Autocorrelator pitch detection

[KG_is_back]

I have made an Autocorrelator to detect period of a signal. First it writes data into circular buffer. Then multiplies each value in given range with input and lowpasses that (for each value in range). Finely it finds maximum lowpassed value and interpolates the subsample element from neighbor values. Output is the period of the input signal.

Note, it eats CPU for breakfast, launch and dinner. Bigger range you give it, with lower base note, higher the array of samples for computation will be. It can easily reach 100% cpu. Some computation time might be saved using hop and using SSE support. I may add that later...

[martinvicanek]

Nice! I tried it with a guitar and it worked quite well in the specified range. It does have a latency which is sometimes a bit unpredictable. Yes, it is quite CPU hungry as it is. Apart from SSE and hopping you could try to evaluate the autocorrelation for fewer lag values and then interpolate. Maybe that's already in your code, I haven't checked. I really like the compact implementation, it is all neatly stuffed in one ASM.

[tester]

Looking forward for developments in this one as well. Thanks.

[KG_is_back]

The problem is, I can't use SSE instructions per sample, because arrays and movaps xmm0,array[eax]; behaves slightly limited. Both with fld array[eax]; and movaps xmm0,array[eax]; the code crashes if you try to read a value "shifted wrong." to explain the problem:

Code: Select all

float array[10];

mov eax,4;
fld array[eax]; //this will read a value at second bin, because address reference is in bytes and one float is 4 bytes

mov eax,3;
fld array[eax]; //this will crash, because you are trying to read values offset relative to the pointer.

mov eax,16;
movaps xmm0,array[eax]; //the same stands for movaps when moving packed values. Packed value is in this case considered a single value (although it contains 4 floats) therefore...
mov eax,4;
movaps xmm0,array[eax]; //this will not work, because movaps works in multiples of 16bytes. 

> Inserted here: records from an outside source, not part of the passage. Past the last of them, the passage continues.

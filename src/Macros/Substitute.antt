-- ===== src/Macros/Substitute.antt =====
-- co2_preprocessor/src/macro_defs.rs: the loop of `expand_body`.
pub mod Total
pub mod Plain
use mathlib.Core.List.{reverse}
use co.Prelude.{
  ℕ, zero, suc, Bool, true, false, not, ◌&&◌, ◌||◌, List, [], ◌∷◌, ◌++◌, Bytes, codes, equal,
  Option, none, some, head_is, drop, length, ◌==◌, if◌then◌else◌,
}
use co.Prelude.Outcome.{Outcome, ok, out_of_fuel, ◌>>=◌}
use co.Macros.Body.{
  Tokens, Call, arg_at, va_args_from, is_whitespace_token, skip_whitespace, lookahead_hash_hash,
  va_opt_content, is_empty, va_args_present, first_pp_token,
}
use co.Macros.Paste.{
  Buffer, push_str, append_with_paste_guard, pop_blanks, pop_comma, truncate_by, strip_blue_paint,
  extract_trailing_ident,
}
use co.Macros.Stringify.{stringify_arg}
use co.Macros.Token
use co.Macros.Token.{MacroBodyToken, ident, param, va_args, hash, hash_hash, token_text, position}

-- `result` and the three `pending_…` variables.
pub record BodyState : Type 0 where
  pub result : Buffer
  pub pending_param_idx : Option ℕ
  pub pending_va_args : Bool
  pub pending_va_opt_absent : Bool

unfoldable pub fresh : BodyState
fresh = record {
  result = [];
  pending_param_idx = none;
  pending_va_args = false;
  pending_va_opt_absent = false;
}

abbrev pub push_text : BodyState → Bytes → BodyState
push_text st text = record st { result = push_str st.result text }

-- Pasted variable arguments: if there are none, a comma in front of them goes too.
unfoldable pub paste_va_args : Buffer → Bytes → Buffer
unfolding pop_blanks pop_comma
paste_va_args buf [] = pop_comma (pop_blanks buf)
paste_va_args buf (c ∷ text) = push_str buf (c ∷ text)

-- The first byte of the token behind a parameter, for the paste guard.
unfoldable pub next_byte : Tokens → Outcome (Option ℕ)
next_byte [] = ok none
next_byte (t ∷ ts) = token_text t >>= λ s. ok (elim s [ [] ↦ none | c ∷ r ↦ some c ])

abbrev pub va_opt_name : Bytes
va_opt_name = codes "__VA_OPT__"

spaced : Buffer → Buffer
spaced [] = []
spaced (d ∷ buf) = if d == b'\n' then d ∷ buf else b' ' ∷ d ∷ buf

-- Two operands that are not pasted keep a space between them.
unfoldable pub separate : Buffer → Buffer
unfolding pop_blanks spaced
separate buf = spaced (pop_blanks buf)

module _ (c : Call) where
  -- `is_variadic && has_named_variadic && idx == params.len() - 1`, for a macro with a parameter.
  abbrev pub is_rest_param : ℕ → Bool
  is_rest_param idx = c.is_variadic && c.has_named_variadic && suc idx == length c.params

  -- The argument of a parameter, from the raw or from the expanded arguments.
  unfoldable pub arg_text : ℕ → List Bytes → Bytes
  arg_text idx args = if is_rest_param idx then va_args_from idx args else arg_at args idx

  unfoldable pub va_text : List Bytes → Bytes
  va_text args = va_args_from (length c.params) args

  unfoldable pub paste_left_param : Buffer → ℕ → Buffer
  unfolding paste_va_args
  paste_left_param buf idx =
      if is_rest_param idx
      then paste_va_args buf (strip_blue_paint (va_args_from idx c.args))
      else push_str buf (strip_blue_paint (arg_at c.args idx))

  -- An empty right operand leaves a space between its neighbours.
  unfoldable pub push_operand : Bool → Buffer → Bytes → Buffer
  push_operand is_last buf [] = if not is_last && not (is_empty buf) then b' ' ∷ buf else buf
  push_operand is_last buf (d ∷ text) = push_str buf (d ∷ text)

  unfoldable pub paste_right_param : Bool → Buffer → ℕ → Buffer
  unfolding paste_va_args push_operand
  paste_right_param is_last buf idx =
      if is_rest_param idx
      then paste_va_args buf (strip_blue_paint (va_args_from idx c.args))
      else push_operand is_last buf (strip_blue_paint (arg_at c.args idx))

  -- The left operand of `##` where it is the last word of the text so far.
  unfoldable pub paste_trailing_ident : Buffer → Option Bytes → Outcome Buffer
  paste_trailing_ident buf none = ok buf
  paste_trailing_ident buf (some left_ident) =
      if equal left_ident (codes "__VA_ARGS__") && c.is_variadic
      then (truncate_by 11 buf >>= λ before.
          ok (paste_va_args before (strip_blue_paint (va_text c.args))))
      else elim (position c.params left_ident) [
        | none ↦ ok buf
        | some idx ↦ truncate_by (length left_ident) buf >>= λ before.
            ok (push_str before (strip_blue_paint (arg_at c.args idx)))
      ]

  unfoldable pub paste_pending : BodyState → Option ℕ → Outcome BodyState
  unfolding paste_left_param paste_trailing_ident extract_trailing_ident
  paste_pending st (some idx) =
      ok (record st { result = paste_left_param st.result idx; pending_param_idx = none })
  paste_pending st none = extract_trailing_ident (pop_blanks st.result) >>= λ left.
      paste_trailing_ident (pop_blanks st.result) left >>= λ buf. ok (record st { result = buf })

  -- The left side of `##`.
  unfoldable pub paste_left : BodyState → Outcome BodyState
  unfolding separate paste_va_args va_text paste_pending
  paste_left st =
      if st.pending_va_opt_absent
      then ok (record st { result = separate st.result; pending_va_opt_absent = false })
      else if st.pending_va_args
      then ok (record st {
        result = paste_va_args st.result (strip_blue_paint (va_text c.args));
        pending_va_args = false;
      })
      else paste_pending st st.pending_param_idx

  module _ (expand_inner : Tokens → Outcome Bytes) where
    -- The content of `__VA_OPT__`, or nothing.
    unfoldable pub va_opt_text : Tokens → Outcome Bytes
    va_opt_text inside = if va_args_present c then expand_inner inside else ok []

    -- The right side of `##`, from the token that stands there.
    unfoldable pub paste_right : BodyState → MacroBodyToken → Tokens → Outcome (BodyState × Tokens)
    unfolding paste_right_param paste_va_args va_text va_opt_text
    paste_right st (param idx) ts = ok (
      record st { result = paste_right_param (elim ts [ [] ↦ true | _ ↦ false ]) st.result idx },
      ts,
    )
    paste_right st va_args ts =
        ok (record st { result = paste_va_args st.result (strip_blue_paint (va_text c.args)) }, ts)
    paste_right st (ident id) ts =
        let plain = ok (push_text st id, ts) in
        if equal id va_opt_name && c.is_variadic
        then elim (va_opt_content ts) [
          | none ↦ plain
          | some (inside, after) ↦
              va_opt_text inside >>= λ inner. ok (push_text st (first_pp_token inner), after)
        ]
        else plain
    paste_right st t ts = token_text t >>= λ text. ok (push_text st text, ts)

    unfoldable pub paste_operand : BodyState → Tokens → Outcome (BodyState × Tokens)
    unfolding paste_right
    paste_operand st [] = ok (st, [])
    paste_operand st (t ∷ ts) = paste_right st t ts

    -- The operand of `#`, from the token that stands there; `after` is the text behind the `#`.
    unfoldable pub stringify_operand : BodyState → Tokens → Tokens → Outcome (BodyState × Tokens)
    unfolding arg_text va_text
    stringify_operand st after (param idx ∷ ts) =
        stringify_arg (arg_text idx c.args) >>= λ s. ok (push_text st (b'"' ∷ (s ++ b'"' ∷ [])), ts)
    stringify_operand st after (va_args ∷ ts) =
        stringify_arg (va_text c.args) >>= λ s. ok (push_text st (b'"' ∷ (s ++ b'"' ∷ [])), ts)
    stringify_operand st after (ident name ∷ ts) = ok (push_text st (b'#' ∷ name), ts)
    stringify_operand st after _ = ok (push_text st (b'#' ∷ []), after)

    -- Standing alone, an argument is pushed expanded; in front of `##` it waits.
    unfoldable pub standalone :
        BodyState → BodyState → Bytes → Tokens → Outcome (BodyState × Tokens)
    standalone st waiting text ts =
        if lookahead_hash_hash ts
        then ok (waiting, ts)
        else (next_byte ts >>= λ next.
            ok (record st { result = append_with_paste_guard st.result text next }, ts))

    unfoldable pub body_ident :
        BodyState → Bytes → Option (Tokens × Tokens) → Tokens → Outcome (BodyState × Tokens)
    unfolding va_opt_text
    body_ident st s none ts = ok (push_text st s, ts)
    body_ident st s (some (inside, after)) ts =
        if lookahead_hash_hash after && not (va_args_present c)
        then ok (record st { pending_va_opt_absent = true }, after)
        else (va_opt_text inside >>= λ inner. ok (push_text st inner, after))

    -- One round of the loop.
    unfoldable pub body_round : BodyState → MacroBodyToken → Tokens → Outcome (BodyState × Tokens)
    unfolding paste_left paste_operand stringify_operand arg_text va_text standalone next_byte
        body_ident
    body_round st hash_hash ts = paste_left st >>= λ st'. paste_operand st' (skip_whitespace ts)
    body_round st hash ts = stringify_operand st ts (skip_whitespace ts)
    body_round st (param idx) ts =
        standalone st (record st { pending_param_idx = some idx }) (arg_text idx c.expanded_args) ts
    body_round st va_args ts =
        standalone st (record st { pending_va_args = true }) (va_text c.expanded_args) ts
    body_round st (ident s) ts =
        body_ident st s (if equal s va_opt_name && c.is_variadic then va_opt_content ts else none)
          ts
    body_round st t ts = token_text t >>= λ text. ok (push_text st text, ts)

  -- The loop; the content of `__VA_OPT__` is expanded by a loop of its own.
  unfoldable pub body_from : ℕ → BodyState → Tokens → Outcome Bytes
  unfolding body_round
  body_from zero st ts = out_of_fuel
  body_from (suc f) st [] = ok (reverse st.result)
  body_from (suc f) st (t ∷ ts) =
      body_round (λ inner. body_from f fresh inner) st t ts >>= λ (st', rest). body_from f st' rest

  -- `expand_body`: every round takes a token or more, and the content of `__VA_OPT__` is shorter.
  unfoldable pub expand_body : Tokens → Outcome Bytes
  unfolding body_from
  expand_body tokens = body_from (suc (length tokens)) fresh tokens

That complicates reading packed values from the buffer each sample, because 3 of 4 samples the starting point is wrong. Solution is, that I will use fld for reading from buffer and movaps for reading and writing awrg array (which accumulates lowpassed correlation values for each period) and finding maximum with sse.
Also I might enable downsampling (hop in the assembler block and a lowpass filter in front of it for antialiasing) to trade precision for performance.

[KG_is_back]

Ok... I partially implemented SSE optimization (reduced CPU by 50%) and also downsampling (acually a hop for pitch calculation - might have to add a dawnsampling lowpass before the detector, to prevent aliasing) which led me reduce CPU downto 10% on my machine (which is probably the CPU load of the whole schematic except for the loop).
Also added a knob which lets you control lowpass coefficient of the averaging accumulator array (the one that contains lowpassed versions of correlations for each delay).
As expected the thing has some problems with octave jumping - sometimes detects double/triple period = 12/15 semitones down. I've tested it with only simple osc, which do not change over time. with changing signal this problem might be reduced to minimum.